View attachment 6218


----------



## gangstadawg (May 24, 2006)

sorry about your shirt but damn girl your kinda cute. do you go to fairlane mall often?


----------



## FatAndProud (May 25, 2006)

nope. no clue where that is lol


----------



## Fuzzy (May 25, 2006)

Ditto that. Sorry about your favorite shirt and all, but.. is that the only way you'll reveal yourself to us?


----------



## FatAndProud (May 25, 2006)

Hm. I dunno lol How should I reveal? lol 

<<<<< Taking requests lmao.


----------



## Purplestuff23 (May 25, 2006)

dood...sucks about the shirt, but you are indeed quite pretty.


----------



## UncannyBruceman (May 25, 2006)

Have you ever considered joining a harem?


----------



## TheSadeianLinguist (May 25, 2006)

Something I'd do if I liked the shirt would be to sew something underneath it... Like a sheer red nylon tank! And cut up the top a little more.


----------



## NancyGirl74 (May 25, 2006)

I had a Winnie-the-Pooh shirt (yes, I went through a Winnie fan stage) that I loved. Once I outgrew it I cute off the graphic and sewed it to a new larger sweatshirt. I covered the stitching with fabric paint. It must have turned out pretty good because people asked me where I got such a cool Pooh Bear shirt. Sadly (or thankfully), my Pooh stage faded away and the sweatshirt was retired. 

I'm sure some of the more creative sewers here have better ideas on how to repair your favorite shirt. Good luck.


----------



## gangstadawg (May 25, 2006)

gangstadawg said:


> sorry about your shirt but damn girl your kinda cute. do you go to fairlane mall often?

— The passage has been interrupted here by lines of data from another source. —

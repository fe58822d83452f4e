-- ===== src/Actor/Plan.antt =====
-- The queue of the actor loop, whether it is used, and what a model advises after a failed step:
-- orchestrator/actor_loop.py.
use Prim.Native.String.{◌++◌}
use tempa.Base.{
  ℕ, String, Bool, true, false, not, ◌&&◌, ◌||◌, none, some, List, [], ◌∷◌, ◌==◌, any, length, ltb,
  select, if◌then◌else◌,
}
use tempa.Waves.{Task, compute_execution_waves}
use tempa.Waves.Order.{concat}
use tempa.Actor.State.{Answer, advised, unanswered, unreached, Plan, no_list, planned, unusable}
use tempa.Actor.Check.{str_default}

-- The settings of the coordinator that the loop reads.
pub record Config : Type 0 where
  pub actor_max_steps : ℕ
  pub actor_replan_on_error : Bool

abbrev is_agent : String → Task → Bool
is_agent name t = elim t.agent [ none ↦ false | some agent ↦ agent == name ]

abbrev pub others_of : List Task → List Task
others_of subtasks = select (λ t. not (is_agent "rag" t)) subtasks

abbrev is_dependent : Task → Bool
is_dependent t = elim t.depends_on [ [] ↦ false | dep ∷ deps ↦ true ]

-- With `actor_loop_enabled()`. The test for a greeting decides nothing: both its branches are false.
unfoldable pub should_use_actor_loop : (enabled : Bool) → List Task → Bool
should_use_actor_loop enabled subtasks =
    let others = others_of subtasks in
    if not enabled
    then false
    else ltb 1 (length others)
      || any is_dependent others
      || (any (is_agent "meet") others && any (is_agent "channel") others)

unfoldable pub flatten_queue : List Task → List Task
flatten_queue subtasks = concat (compute_execution_waves subtasks)

-- What to do about a failed step; `fail_replan` is an exception that ends the run.
pub data Decision : Type 0 where
  replan : List Task → Decision
  ask_owner : String → Decision
  fail_replan : Decision

abbrev pub from_plan : (question : String) → Plan → Decision
from_plan question no_list = ask_owner question
from_plan question (planned tasks) = replan tasks
from_plan question unusable = fail_replan

unfoldable pub read_advice : (failed_agent failed_reason : String) → Answer → Decision
read_advice failed_agent failed_reason unreached = fail_replan
read_advice failed_agent failed_reason unanswered = ask_owner (
    "I couldn't complete the " ++ failed_agent ++ " step: " ++ failed_reason
    ++ ". What should I do?")
read_advice failed_agent failed_reason (advised advice) =
    let question =
      str_default advice.question
        ("Step " ++ failed_agent ++ " failed (" ++ failed_reason ++ "). How should I proceed?") in
    if str_default advice.action "clarify" == "replan"
    then from_plan question advice.subtasks
    else ask_owner question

fairlane mall is in dearborn MI. on evergreen street.


----------



## PrettyKitty (May 31, 2006)

May your shirt rest in peace...er, pieces.


----------



## FatAndProud (May 31, 2006)

Update: Getting the same shirt again. Bigger size this time


----------



## Falling Boy (Jun 1, 2006)

sweet may this one last you a bit longer!


----------